Solitary wave solutions as inverse problem

	Computational Mathematics Seminar Series
	Solitary wave solutions as inverse problem
	Tchavdar Marinov, Southern University at New Orleans
	Assistant Professor of Mathematics
	Johnston Hall 338 February 07, 2012 - 03:30 pm
Abstract: A special numerical technique has been developed for identification of solitary wave solutions of Boussinesq and Korteweg--de Vries equations. Stationary localized waves are considered in the frame moving to the right. The original ill-posed problem is transferred into a problem of the unknown coefficient from over-posed boundary data in which the trivial solution is excluded. The Method of Variational Imbedding is used for solving the inverse problem. The generalized sixth order Boussinesq equation is considered for illustrations.

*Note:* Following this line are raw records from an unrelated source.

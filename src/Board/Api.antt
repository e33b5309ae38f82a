-- ===== src/Board/Api.antt =====
-- bulletin-board/api/handlers_public.go and handlers_internal.go, and the pages that tally/bbclient.go
-- fetches. A cursor is the base64 text of a decimal position: its printing and its parsing are parameters.
use otvoren_vot.Prelude.{
  ℕ, zero, suc, Bool, true, false, ◌&&◌, Option, none, some, List, [], ◌∷◌, map, Bytes, ltb, leb,
  ◌==◌, if◌then◌else◌, length, Reply, success, failure, hex_encode,
}
use otvoren_vot.Merkle.Tree.{size}
use otvoren_vot.Tally.Compute.{SerializedBallot}
use otvoren_vot.Board.Store.{
  BallotRecord, Postgres, board_sealed, duplicate_ballot, position_conflict, proof_validation,
  database, not_in_tree, Outcome, returned, failed, panicked, list_ballots,
}
use otvoren_vot.Board.Service.{World, Attempt, AppendResult, Inclusion, append_ballot, get_ballot}

-- The query's cursor: none given, no base64, or the number that ParseInt gives (0 for no number).
pub data Cursor : Type 0 where
  no_cursor invalid_cursor : Cursor
  position_cursor : ℕ → Cursor

pub record Page : Type 0 where
  pub records : List BallotRecord
  pub next : Option ℕ
  pub total : ℕ

pub record BallotResponse : Type 0 where
  pub ballot : BallotRecord
  pub merkle_proof : List Bytes
  pub tree_size : ℕ
  pub root_sha256 : Bytes

pub record SubmitRequest : Type 0 where
  pub ballot_id : Bytes
  pub encrypted_ballot : Bytes
  pub zk_proofs : Bytes

-- The limit of the query, where it is a number: 100 for one out of range.
unfoldable pub page_limit : Option ℕ → ℕ
page_limit none = 100
page_limit (some parsed) = if ltb 0 parsed && leb parsed 1000 then parsed else 100

unfoldable pub last_position : List BallotRecord → Option ℕ
last_position [] = none
last_position (row ∷ []) = some row.position
last_position (row ∷ next ∷ rows) = last_position (next ∷ rows)

-- The position of the last record of a full page.
unfoldable pub next_cursor : ℕ → List BallotRecord → Option ℕ
unfolding last_position
next_cursor limit records = elim (length records == limit) [
  | true ↦ last_position records
  | false ↦ none
]

unfoldable pub page_of : World → ℕ → ℕ → Page
unfolding next_cursor
page_of w after_position limit =
    let records = list_ballots after_position limit w.database_rows.ballots in
    record { records = records; next = next_cursor limit records; total = size w.board.tree }

-- `handleListBallots`, with whether the query runs.
unfoldable pub handle_list_ballots : World → Cursor → Option ℕ → Bool → Reply Page
unfolding page_of page_limit
handle_list_ballots w invalid_cursor limit runs = failure 400 "invalid_cursor"
handle_list_ballots w no_cursor limit false = failure 500 "internal"
handle_list_ballots w no_cursor limit true = success (page_of w 0 (page_limit limit))
handle_list_ballots w (position_cursor n) limit false = failure 500 "internal"
handle_list_ballots w (position_cursor n) limit true = success (page_of w n (page_limit limit))

unfoldable pub ballot_response : Option (Outcome (BallotRecord × Inclusion)) → Reply BallotResponse
ballot_response none = failure 404 "ballot_not_found"
ballot_response (some (failed f)) = failure 500 "internal"
ballot_response (some panicked) = failure 500 "panic"
ballot_response (some (returned (rec, inc))) = success (record {
  ballot = rec;
  merkle_proof = map hex_encode inc.proof;
  tree_size = inc.tree_size;
  root_sha256 = hex_encode inc.tree_root;
})

unfoldable pub submit_reply : Outcome AppendResult → Reply AppendResult
submit_reply (returned a) = success a
submit_reply panicked = failure 500 "panic"
submit_reply (failed board_sealed) = failure 409 "board_sealed"
submit_reply (failed duplicate_ballot) = failure 409 "duplicate_ballot"
submit_reply (failed position_conflict) = failure 500 "internal"
submit_reply (failed proof_validation) = failure 500 "internal"
submit_reply (failed database) = failure 500 "internal"
submit_reply (failed not_in_tree) = failure 500 "internal"

module _ (sha256 : Bytes → Bytes) where
  -- `handleGetBallot`, where the query runs.
  unfoldable pub handle_get_ballot : World → Bytes → Reply BallotResponse
  unfolding ballot_response
  handle_get_ballot w ballot_id = elim (length ballot_id == 0) [
    | true ↦ failure 400 "missing_id"
    | false ↦ ballot_response (get_ballot sha256 w ballot_id)
  ]

  -- `handleSubmitBallot`; a body that does not parse is none.
  unfoldable pub handle_submit_ballot :
      Postgres → World → Option SubmitRequest → (ℕ → Attempt) → World × Reply AppendResult
  unfolding submit_reply
  handle_submit_ballot pg w none attempts = (w, failure 400 "invalid_body")
  handle_submit_ballot pg w (some req) attempts = elim (length req.ballot_id == 0) [
    | true ↦ (w, failure 400 "missing_ballot_id")
    | false ↦
        let (w', result) =
          append_ballot sha256 pg w req.ballot_id req.encrypted_ballot req.zk_proofs attempts in
        (w', submit_reply result)
  ]

-- What the client keeps of a record.
unfoldable pub serialized : BallotRecord → SerializedBallot
serialized row = record { ballot_id = row.ballot_id; encrypted_ballot = row.encrypted_ballot }

-- What the client makes of a page: how long its JSON is, the text of a cursor, and the cursor that the
-- board reads in that text.
pub record Wire : Type 0 where
  pub page_size : Page → ℕ
  pub cursor_text : ℕ → Bytes
  pub decode_cursor : Bytes → Cursor

-- The client reads 64 MiB of a response.
abbrev pub max_response : ℕ
max_response = 67_108_864

-- The page as `fetchPage` decodes it, with the cursor's text. A response that is no page, or is cut off
-- at the limit, is none.
unfoldable pub fetched : Wire → Reply Page → Option (List SerializedBallot × Bytes)
unfolding serialized
fetched wire (failure status code) = none
fetched wire (success page) = elim (leb (wire.page_size page) max_response) [
  | false ↦ none
  | true ↦ elim page.next [
    | none ↦ some (map serialized page.records, [])
    | some n ↦ some (map serialized page.records, wire.cursor_text n)
  ]
]

unfoldable pub cursor_after : Reply Page → Option ℕ
cursor_after (failure status code) = none
cursor_after (success page) = page.next

-- The answers to the client's requests, each with the cursor of the answer before: at most `fuel`.
unfoldable pub answers :
    Wire → World → ℕ → ℕ → Cursor → List (Option (List SerializedBallot × Bytes))
unfolding fetched cursor_after handle_list_ballots
answers wire w limit zero start = []
answers wire w limit (suc fuel) start =
    let reply = handle_list_ballots w start (some limit) true in
    fetched wire reply ∷ (elim (cursor_after reply) [
      | none ↦ []
      | some n ↦ answers wire w limit fuel (wire.decode_cursor (wire.cursor_text n))
    ])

Speaker's Bio: Dr. Marinov is an assistant professor of mathematics at Southern University, New Orleans. He has a Ph.D. degree in Applied Mathematics from Bulgarian Academy of Science and a Ph.D. degree in Mathematics from the University of Louisiana, Lafayette, two years postdoctoral research in Saitama Institute of Technology, Japan, and one year of research in University of Alberta, Canada, His main research interests are in the areas of Differential Equations and Numerical Analysis, especially Inverse and Ill-posed problems. His hobby is connected with Statistics.

Refreshments will be served.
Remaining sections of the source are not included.